My cross slide isn't square and there is no adjustment as far as I can tell. I thought I also read somewhere that lathes are supposed to cut slightly concave across a face.


----------



## British Steel (Nov 25, 2017)

HI David, and welcome!

It's normal for a cross-slide to be minutely out of square, we have manufacturing tolerances to thank for that...

A lathe should be constructed to make a slightly concave facing cut, so that faced parts won't rock on a central raised area, the degree of concavity is down to the quality of the lathe - a Toolroom lathe will produce less concavity (at least from new) as more attention (read time, wages) will be put into accuracy - people often refer to Schlesinger's limits for Engine Vs Toolroom lathes.

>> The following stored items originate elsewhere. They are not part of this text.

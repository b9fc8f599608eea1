-- ===== src/Prelude/Memory.antt =====
-- Byte-addressed storage as a function from offsets, with `memcpy` in both directions.
use Prim.Native.Nat.{ℕ, zero, suc, ◌+◌, ◌≤◌, ◌<◌}
use mathlib.Core.Path.{◌≡◌, refl, sym, ap, ap₂, fun_ext, ◌∙◌}
use mathlib.Core.Logic.{◌⊎◌, inl}
use mathlib.Core.List.{List, [], ◌∷◌, ◌++◌}
use native.Mathlib.Omega.{arith}
use static_logger.Prelude.Tests.{◌==◌, if◌then◌else◌}
use static_logger.Prelude.Lists.{length, length-append, append-injective}

abbrev pub Memory : Type 0
Memory = ℕ → ℕ

abbrev pub update : Memory → ℕ → ℕ → Memory
update m p v = λ i. if i == p then v else m i

-- The `n` bytes from offset `p` on.
unfoldable pub read_bytes : Memory → ℕ → ℕ → List ℕ
read_bytes m p zero = []
read_bytes m p (suc n) = m p ∷ read_bytes m (p + 1) n

-- `memcpy` of `bs` to offset `p`.
unfoldable pub write_bytes : Memory → ℕ → List ℕ → Memory
write_bytes m p [] = m
write_bytes m p (b ∷ bs) = write_bytes (update m p b) (p + 1) bs

pub length-read_bytes : (m : Memory) (p n : ℕ) → length (read_bytes m p n) ≡ n
unfolding read_bytes
length-read_bytes m p zero = refl
length-read_bytes m p (suc n) = ap suc (length-read_bytes m (p + 1) n)

-- A write leaves the bytes outside its range alone.
pub write_bytes-outside :
    (m : Memory) (p : ℕ) (bs : List ℕ) (i : ℕ)
    → (i < p) ⊎ (p + length bs ≤ i)
    → write_bytes m p bs i ≡ m i
unfolding write_bytes
write_bytes-outside m p [] i h = refl
write_bytes-outside m p (b ∷ bs) i h =
    ground (arith, write_bytes-outside (update m p b) (p + 1) bs i)

pub read_bytes-cong :
    (m k : Memory) (p n : ℕ)
    → ((i : ℕ) → p ≤ i → i < p + n → m i ≡ k i)
    → read_bytes m p n ≡ read_bytes k p n
unfolding read_bytes
read_bytes-cong m k p zero h = refl
read_bytes-cong m k p (suc n) h =
    ap₂ ◌∷◌ (h p (omega arith) (omega arith))
      (read_bytes-cong m k (p + 1) n (λ i lo hi. h i (omega arith) (omega arith)))

-- A read of a range that a write does not meet.
pub read_bytes-write_bytes_apart :
    (m : Memory) (p : ℕ) (bs : List ℕ) (q n : ℕ)
    → (q + n ≤ p) ⊎ (p + length bs ≤ q)
    → read_bytes (write_bytes m p bs) q n ≡ read_bytes m q n
read_bytes-write_bytes_apart m p bs q n h =
    read_bytes-cong (write_bytes m p bs) m q n
      (λ i lo hi. write_bytes-outside m p bs i (omega arith))

-- What was written is read back.
pub read_bytes-write_bytes :
    (m : Memory) (p : ℕ) (bs : List ℕ) → read_bytes (write_bytes m p bs) p (length bs) ≡ bs
unfolding read_bytes write_bytes
read_bytes-write_bytes m p [] = refl
read_bytes-write_bytes m p (b ∷ bs) =
    ap₂ ◌∷◌ (write_bytes-outside (update m p b) (p + 1) bs p (inl (omega arith)) ∙ ground arith)
      (read_bytes-write_bytes (update m p b) (p + 1) bs)

pub read_bytes-append :
    (m : Memory) (p a b : ℕ) → read_bytes m p (a + b) ≡ read_bytes m p a ++ read_bytes m (p + a) b
unfolding read_bytes
read_bytes-append m p zero b = ap₂ (read_bytes m) (omega arith) (omega arith)
read_bytes-append m p (suc a) b =
    let count : suc a + b ≡ suc (a + b) = omega arith in
    let start : p + 1 + a ≡ p + suc a = omega arith in
    ap (read_bytes m p) count
    ∙ ap (◌∷◌ (m p)) (
        read_bytes-append m (p + 1) a b
        ∙ ap (λ q. read_bytes m (p + 1) a ++ read_bytes m q b) start)

pub write_bytes-append :
    (m : Memory) (p : ℕ) (xs bs : List ℕ)
    → write_bytes m p (xs ++ bs) ≡ write_bytes (write_bytes m p xs) (p + length xs) bs
unfolding write_bytes
write_bytes-append m p [] bs =
    let start : p ≡ p + 0 = omega arith in ap (λ q. write_bytes m q bs) start
write_bytes-append m p (x ∷ xs) bs =
    let start : p + 1 + length xs ≡ p + suc (length xs) = omega arith in
    write_bytes-append (update m p x) (p + 1) xs bs
    ∙ ap (λ q. write_bytes (write_bytes (update m p x) (p + 1) xs) q bs) start

update-write_bytes :
    (m : Memory) (p v q : ℕ) (ys : List ℕ)
    → p < q
    → update (write_bytes m q ys) p v ≡ write_bytes (update m p v) q ys
unfolding write_bytes
update-write_bytes m p v q [] h = refl
update-write_bytes m p v q (y ∷ ys) h =
    update-write_bytes (update m q y) p v (q + 1) ys (omega arith)
    ∙ ap (λ k. write_bytes k (q + 1) ys) (fun_ext λ i. ground arith)

-- A write in front of an earlier one: the two are one write.
pub write_bytes-before :
    (m : Memory) (p q : ℕ) (xs ys : List ℕ)
    → p + length xs ≡ q
    → write_bytes (write_bytes m q ys) p xs ≡ write_bytes m p (xs ++ ys)
unfolding write_bytes
write_bytes-before m p q [] ys h =
    let here : q ≡ p = omega arith in ap (λ k. write_bytes m k ys) here
write_bytes-before m p q (x ∷ xs) ys h =
    ap (λ k. write_bytes k (p + 1) xs) (update-write_bytes m p x q ys (omega arith))
    ∙ write_bytes-before (update m p x) (p + 1) q xs ys (omega arith)

-- Two texts that are read as one.
pub read-split :
    (m : Memory) (p : ℕ) (xs ys : List ℕ)
    → read_bytes m p (length (xs ++ ys)) ≡ xs ++ ys
    → (read_bytes m p (length xs) ≡ xs) × (read_bytes m (p + length xs) (length ys) ≡ ys)
read-split m p xs ys h =
    append-injective (read_bytes m p (length xs)) xs _ ys (length-read_bytes m p (length xs)) (
      sym (read_bytes-append m p (length xs) (length ys))
      ∙ ap (read_bytes m p) (sym (length-append xs ys))
      ∙ h)
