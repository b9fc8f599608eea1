-- ===== src/Format/Types.antt =====
-- `enum ParamType` of src/static_log_internal.h, and the errors of its constant evaluation.
use static_logger.Prelude.{ℕ, Bool, not}
use static_logger.Prelude.Int.{ℤ, pos, negsuc, leb_ℤ}

-- `string n` is `ParamType(n)`: a string whose static precision is `n` (`kSTRING` is `string 0`).
pub data ParamType : Type 0 where
  invalid dynamic_width dynamic_precision non_string : ParamType
  string_with_dynamic_precision string_with_no_precision : ParamType
  string : ℕ → ParamType

-- The value of the enumerator.
unfoldable pub value : ParamType → ℤ
value invalid = negsuc 5
value dynamic_width = negsuc 4
value dynamic_precision = negsuc 3
value non_string = negsuc 2
value string_with_dynamic_precision = negsuc 1
value string_with_no_precision = negsuc 0
value (string n) = pos n

-- `t > ParamType::kNON_STRING`
unfoldable pub is_string : ParamType → Bool
unfolding value
is_string t = not (leb_ℤ (value t) (value non_string))

-- `overflow` is a signed overflow in a constant expression, which a compiler refuses.
pub data Error : Type 0 where
  unrecognized_specifier unsupported_n overflow : Error

pub data Result {ℓ} (A : Type ℓ) : Type ℓ where
  ok : A → Result A
  throws : Error → Result A
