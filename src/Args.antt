-- ===== src/Args.antt =====
-- The arguments of a log statement and their place in the log entry: `as_uint64_t`, `getArgSize`,
-- `getArgSizes`, `storeArgument` and `storeArguments` of src/static_log_internal.h.
-- A function that is generic in the type of an argument is by cases on `Arg`; `wchar_t` strings,
-- which no `getArgSize` accepts, are left out. The two operands of the sum in `getArgSizes` are
-- evaluated from left to right.
pub mod Sizes
pub mod Layout
mod Tests
use static_logger.Prelude.{
  ℕ, zero, suc, ◌+◌, ◌-◌, ◌*◌, ◌%◌, ◌^◌, Bool, true, false, not, ◌&&◌, Option, none, some, List, [],
  ◌∷◌, ◌++◌, ◌==◌, ltb, leb, if◌then◌else◌, length, take,
}
use static_logger.Prelude.Int.{pos, leb_ℤ}
use static_logger.Prelude.Memory.{Memory, write_bytes}
use static_logger.Prelude.Bytes.{le_bytes}
use static_logger.Format.Types.{
  ParamType, dynamic_precision, string_with_dynamic_precision, is_string, value,
}

-- An integer or a floating-point number is its size and the number that its bytes make up. `text`
-- is a `const char *` or a `char *`: its address, and its characters before the NUL.
pub data Arg : Type 0 where
  integer : (size : ℕ) → (signed : Bool) → ℕ → Arg
  floating : (size : ℕ) → ℕ → Arg
  pointer : ℕ → Arg
  text : (address : ℕ) → List ℕ → Arg

abbrev pub pointer_size : ℕ
pointer_size = 8

-- `sizeof(T)`
abbrev pub size_of : Arg → ℕ
size_of (integer size signed bits) = size
size_of (floating size bits) = size
size_of (pointer bits) = pointer_size
size_of (text address chars) = pointer_size

-- The object representation.
abbrev pub object_bytes : Arg → List ℕ
object_bytes (integer size signed bits) = le_bytes size bits
object_bytes (floating size bits) = le_bytes size bits
object_bytes (pointer bits) = le_bytes pointer_size bits
object_bytes (text address chars) = le_bytes pointer_size address

-- Both overloads: an integer is converted, with its sign extended, and all else is 0.
unfoldable pub as_uint64 : Arg → ℕ
as_uint64 (integer size false bits) = bits
as_uint64 (integer size true bits) =
    if ltb bits (2 ^ (8 * size - 1)) then bits else (bits + 2 ^ 64 - 2 ^ (8 * size)) % 2 ^ 64
as_uint64 _ = 0

abbrev pub is_dynamic_precision : ParamType → Bool
is_dynamic_precision dynamic_precision = true
is_dynamic_precision _ = false

abbrev pub has_dynamic_precision : ParamType → Bool
has_dynamic_precision string_with_dynamic_precision = true
has_dynamic_precision _ = false

-- `fmt_type >= ParamType::kSTRING`
abbrev pub has_static_precision : ParamType → Bool
has_static_precision t = leb_ℤ (pos 0) (value t)

-- The string size that `getArgSize` comes to for a string of `len` characters.
unfoldable pub string_size_of : ParamType → ℕ → ℕ → ℕ
unfolding value
string_size_of t previous_precision len =
    let fmt_length = len % 2 ^ 32 in
    if has_static_precision t && ltb fmt_length len
    then fmt_length
    else if has_dynamic_precision t && ltb previous_precision len
    then previous_precision
    else len

-- What a call returns, and what it leaves in its two references.
pub record Sized : Type 0 where
  pub size : ℕ
  pub previous_precision : ℕ
  pub string_size : ℕ

-- The overload for what is no string.
unfoldable pub scalar_size : ParamType → ℕ → Arg → Sized
unfolding as_uint64
scalar_size t prev arg = record {
  size = size_of arg;
  previous_precision = if is_dynamic_precision t then as_uint64 arg else prev;
  string_size = size_of arg;
}

unfoldable pub get_arg_size : ParamType → ℕ → ℕ → Arg → Sized
unfolding scalar_size string_size_of is_string
get_arg_size t prev string_size (text address chars) =
    if not (is_string t)
    then record { size = pointer_size; previous_precision = prev; string_size = string_size }
    else record {
      size = string_size_of t prev (length chars) + 4;
      previous_precision = prev;
      string_size = string_size_of t prev (length chars);
    }
get_arg_size t prev string_size arg = scalar_size t prev arg

-- The sum of the two operands in `size_t`, and the element that the first has filled in.
abbrev pub add_size : Sized → Option (ℕ × List ℕ) → Option (ℕ × List ℕ)
add_size sized none = none
add_size sized (some (n, sizes)) = some ((sized.size + n) % 2 ^ 64, sized.string_size ∷ sizes)

-- `arg_fmt_types` and `string_sizes` from index `arg_num` on; `none` is an index out of range. The
-- result has the sum, and the array with the sizes filled in.
unfoldable pub get_arg_sizes : List ParamType → ℕ → List ℕ → List Arg → Option (ℕ × List ℕ)
get_arg_sizes types prev string_sizes [] = some (0, string_sizes)
get_arg_sizes (t ∷ types) prev (s ∷ string_sizes) (arg ∷ args) =
    let sized = get_arg_size t prev s arg in
    add_size sized (get_arg_sizes types sized.previous_precision string_sizes args)
get_arg_sizes _ prev _ (arg ∷ args) = none

-- The memory and the buffer pointer.
pub record Cursor : Type 0 where
  pub memory : Memory
  pub position : ℕ

-- `memcpy` to the buffer pointer, which is moved on.
unfoldable pub put : List ℕ → Cursor → Cursor
put bs c = record { memory = write_bytes c.memory c.position bs; position = c.position + length bs }

-- `throws` is the `std::invalid_argument`; `faults` is a read behind the end of an argument or an
-- index out of range.
pub data Stored : Type 0 where
  stored : Cursor → Stored
  throws faults : Stored

unfoldable pub store_argument : Arg → ParamType → ℕ → Cursor → Stored
unfolding put is_string
store_argument (text address chars) t string_size c =
    if not (is_string t)
    then stored (put (le_bytes pointer_size address) c)
    else if ltb (2 ^ 32 - 1) string_size
    then throws
    else if ltb (length chars + 1) string_size
    then faults
    else stored (put (take string_size (chars ++ 0 ∷ [])) (put (le_bytes 4 string_size) c))
store_argument arg t string_size c = stored (put (object_bytes arg) c)

infixl 5 ◌>>=◌
abbrev pub ◌>>=◌ : Stored → (Cursor → Stored) → Stored
stored c >>= f = f c
throws >>= f = throws
faults >>= f = faults

unfoldable pub store_arguments : List ParamType → List ℕ → List Arg → Cursor → Stored
store_arguments types string_sizes [] c = stored c
store_arguments (t ∷ types) (s ∷ string_sizes) (arg ∷ args) c = do
  c' ← store_argument arg t s c
  store_arguments types string_sizes args c'
store_arguments _ _ (arg ∷ args) c = faults
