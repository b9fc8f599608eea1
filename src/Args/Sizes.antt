-- ===== src/Args/Sizes.antt =====
-- The size that a string argument takes in the log entry.
use static_logger.Prelude.{ℕ, ◌+◌, ◌^◌, ◌≤◌, ◌<◌, List, ltb, if◌then◌else◌, length, ◌≡◌, arith}
use static_logger.Format.Types.{ParamType, string}
use static_logger.Args.{text, has_dynamic_precision, string_size_of, get_arg_size}

pub string_size_of-le : (t : ParamType) (prev len : ℕ) → string_size_of t prev len ≤ len
unfolding string_size_of
string_size_of-le t prev len = ground arith

-- A string of less than 4 GiB is cut by a dynamic precision alone, to the value of the last one.
pub string_size_of-short :
    (t : ParamType) (prev len : ℕ)
    → len < 2 ^ 32
    → string_size_of t prev len
      ≡ (if has_dynamic_precision t then (if ltb prev len then prev else len) else len)
unfolding string_size_of
string_size_of-short t prev len h = ground arith

-- A static precision does not cut the string: whatever `n` is, `%.<n>s` reserves and stores all
-- characters of a string of less than 4 GiB.
pub get_arg_size-static_precision :
    (n prev string_size address : ℕ) (chars : List ℕ)
    → length chars < 2 ^ 32
    → get_arg_size (string n) prev string_size (text address chars)
      ≡ record { size = length chars + 4; previous_precision = prev; string_size = length chars }
unfolding get_arg_size
get_arg_size-static_precision n prev string_size address chars h = ground arith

Correcting alignment isn't a trivial task, I'd recommend reading The Books first - "Machine Tool Reconditioning and Applications of Hand Scraping" by Edward F Connelly and "Testing Machine Tools" by Dr. Georg Schlesinger, possibly also "Foundations of Mechanical Accuracy" by Wayne R Moore to get an idea of what you'd be letting yourself in for... You may find them in the "files" section of one of the machinist web sites, or may have to exercise your GoogleNinja skills...

Dave H. (the other one)


----------



## magicniner (Nov 25, 2017)

Cross slides on older lathes were commonly set up to give a very small amount of "concavity" on facing cuts, I have seen this explained as a way to ensure close mating of faced parts which might otherwise be affected by anything less than a perfect surface finish, it kind of makes sense but I have not found any conclusive manufacturer documentation. 
I learned very early to use small cutters when milling on my Myford to avoid the problem David describes, with the addition of a vertical milling attachment for the lathe the problem went away and the vertical attachment convinced me to put together a separate vertical milling machine, 
Regards, 
 - Nick


----------



## British Steel (Nov 25, 2017)

In Schesinger's book, starting about page 56 (in my copy...) are tables of accuracies, not a bad point to start from.

Dave H. (the other one)


----------



## TeaBagofHorror (Nov 25, 2017)

There are younger data in the German DIN 8605 and 8606.
If someone needs them - just send a message.
Written in German language, of course, but nevertheless I think it is understandable.
They are from 1976, but still current status.


----------



## benmychree (Nov 25, 2017)

With an Atlas lathe, there is not much to be done about the problem due to the flat ways.  On a lathe with vee ways, the carriage can be re scraped to correct the problem, not so for flat ways.  If you tried to attack the problem by re aligning the headstock, the lathe would not turn or bore straight.


----------



## mikey (Nov 25, 2017)

Seems to me that you need to determine if you really have a problem. The milling attachment may not have been precisely aligned so how a fly cutter cuts is not really a good indicator of an issue. You would be better off facing a work piece mounted in the spindle and seeing if the cut is really off and by how much. Then you can decide if you have something to worry about.


----------



## magicniner (Nov 25, 2017)

mikey said:


> Seems to me that you need to determine if you really have a problem. The milling attachment may not have been precisely aligned so how a fly cutter cuts is not really a good indicator of an issue.



It really is. 
When you surface a face with a cutter the orientation of the work or attachment is irrelevant for (X Axis) cuts involving cross slide movement on a lathe, on a mill the OP's reported problem would indicate "Out of Tram" but you cannot tram a lathe X axis (cross slide) as the orientation of the head stock and cross slide are fixed, 
Regards, 
Nick


----------



## wa5cab (Nov 25, 2017)

benmychree said:


> With an Atlas lathe, there is not much to be done about the problem due to the flat ways.  On a lathe with vee ways, the carriage can be re scraped to correct the problem, not so for flat ways.  If you tried to attack the problem by re aligning the headstock, the lathe would not turn or bore straight.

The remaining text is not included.